• [Stored data]:

_ _ _ _

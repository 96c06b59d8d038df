-- ===== src/Yjs/Manager/Steps.antt =====
-- The steps of yjs/yjs-doc-manager.ts, in any order, and what holds behind each of them.
use aideep_backend.Common.{String, ◌≡◌, ◌≢◌, inl, inr, some, List, [], ◌∷◌, arith, Option-cases}
use aideep_backend.Yjs.Documents.{Documents}
use aideep_backend.Yjs.Manager.{
  Manager, ManagedDoc, managed, stored_doc, set_doc, add, schedule, add_client, apply_update,
  schedule_save, flush_doc, flush_all,
}
use aideep_backend.Yjs.Manager.Safety.{
  IsSafe, IsSafeElsewhere, elsewhere, IsSafe-changed, IsSafe-flush, flush-stored,
}

module _ (Y : Documents) where
  -- `IsSafe` of a step that starts with `if (!managed) return`
  pub IsSafe-add_client :
      (node_id socket : String) (m : Manager Y)
      → IsSafe Y m
      → IsSafe Y (add_client Y node_id socket m)
  unfolding add_client
  IsSafe-add_client node_id socket m safe = elim (Option-cases (managed Y m node_id)) [
    | inl missing ↦ rw missing safe
    | inr (d, e) ↦ rw e (
        IsSafe-changed Y node_id _ m.timers m.next_handle m (elsewhere Y node_id safe)
          (record { stored_alone = λ alone. absurd (add-nonempty socket d.clients alone) }))
  ]
    where
      add-nonempty : (socket : String) (clients : List String) → ¬ (add Y socket clients ≡ [])
      add-nonempty socket [] e = cc
      add-nonempty socket (c ∷ clients) e = ground arith

  -- a save that is due from now on
  pub IsSafe-schedule :
      (node_id : String) (d : ManagedDoc Y) (m : Manager Y)
      → IsSafeElsewhere Y node_id m
      → (d.clients ≡ [] → d.doc ≡ stored_doc Y m.stores node_id)
      → IsSafe Y (schedule Y node_id d m)
  IsSafe-schedule node_id d m safe alone =
      IsSafe-changed Y node_id _ _ _ m safe (record { stored_alone = alone })

  pub IsSafe-schedule_save :
      (node_id : String) (m : Manager Y) → IsSafe Y m → IsSafe Y (schedule_save Y node_id m)
  unfolding schedule_save
  IsSafe-schedule_save node_id m safe = elim (Option-cases (managed Y m node_id)) [
    | inl missing ↦ rw missing safe
    | inr (d, e) ↦ rw e (
        IsSafe-schedule node_id d m (elsewhere Y node_id safe) (safe.kept node_id d e).stored_alone)
  ]

  -- the node's document has a client
  abbrev pub HasClient : Manager Y → String → Type 0
  HasClient m node_id = (d : ManagedDoc Y) → managed Y m node_id ≡ some d → d.clients ≢ []

  -- what `readSyncMessage` does to a document that has a client, with no timer
  pub IsSafe-set_doc :
      (node_id : String) (d : ManagedDoc Y) (doc : Y.Doc) (m : Manager Y)
      → d.clients ≢ []
      → IsSafe Y m
      → IsSafe Y (set_doc Y node_id (record d { doc = doc }) m)
  IsSafe-set_doc node_id d doc m joined safe =
      IsSafe-changed Y node_id _ m.timers m.next_handle m (elsewhere Y node_id safe)
        (record { stored_alone = λ alone. absurd (joined alone) })

  pub IsSafe-apply_update :
      (node_id : String) (update : Y.Update) (m : Manager Y)
      → HasClient m node_id
      → IsSafe Y m
      → IsSafe Y (apply_update Y node_id update m)
  unfolding apply_update
  IsSafe-apply_update node_id update m joined safe = elim (Option-cases (managed Y m node_id)) [
    | inl missing ↦ rw missing safe
    | inr (d, e) ↦ rw e (
        IsSafe-schedule node_id (record d { doc = Y.apply d.doc update }) m
          (elsewhere Y node_id safe) (λ alone. absurd (joined d e alone)))
  ]

  pub IsSafe-flush_doc :
      (node_id : String) (m : Manager Y) → IsSafe Y m → IsSafe Y (flush_doc Y node_id m)
  unfolding flush_doc
  IsSafe-flush_doc node_id m safe = elim (Option-cases (managed Y m node_id)) [
    | inl missing ↦ rw missing safe
    | inr (d, e) ↦ rw e (IsSafe-flush Y node_id d m (elsewhere Y node_id safe))
  ]

  pub IsSafe-flush_all :
      (entries : List (String × ManagedDoc Y)) (m : Manager Y)
      → IsSafe Y m
      → IsSafe Y (flush_all Y entries m)
  unfolding flush_all
  IsSafe-flush_all [] m safe = safe
  IsSafe-flush_all ((node_id, d) ∷ entries) m safe =
      IsSafe-flush_all entries _ (IsSafe-flush_doc node_id m safe)

  -- a flush that the stores answer stores the document, whatever the manager holds otherwise
  pub flush_doc-stored :
      (node_id : String) (d : ManagedDoc Y) (m : Manager Y)
      → managed Y m node_id ≡ some d
      → m.stores.outages ≡ []
      → stored_doc Y (flush_doc Y node_id m).stores node_id ≡ d.doc
  unfolding flush_doc
  flush_doc-stored node_id d m found answers = rw found (flush-stored Y node_id d m answers)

_ _ _ _

• [INSTRUCTIONS TO FOLLOW]: Which lines of the records contain "clients"? Show each of them.

• [RESULT BELOW]:
          (record { stored_alone = λ alone. absurd (add-nonempty socket d.clients alone) }))
      add-nonempty : (socket : String) (clients : List String) → ¬ (add Y socket clients ≡ [])
      add-nonempty socket (c ∷ clients) e = ground arith
      → (d.clients ≡ [] → d.doc ≡ stored_doc Y m.stores node_id)
  HasClient m node_id = (d : ManagedDoc Y) → managed Y m node_id ≡ some d → d.clients ≢ []
      → d.clients ≢ []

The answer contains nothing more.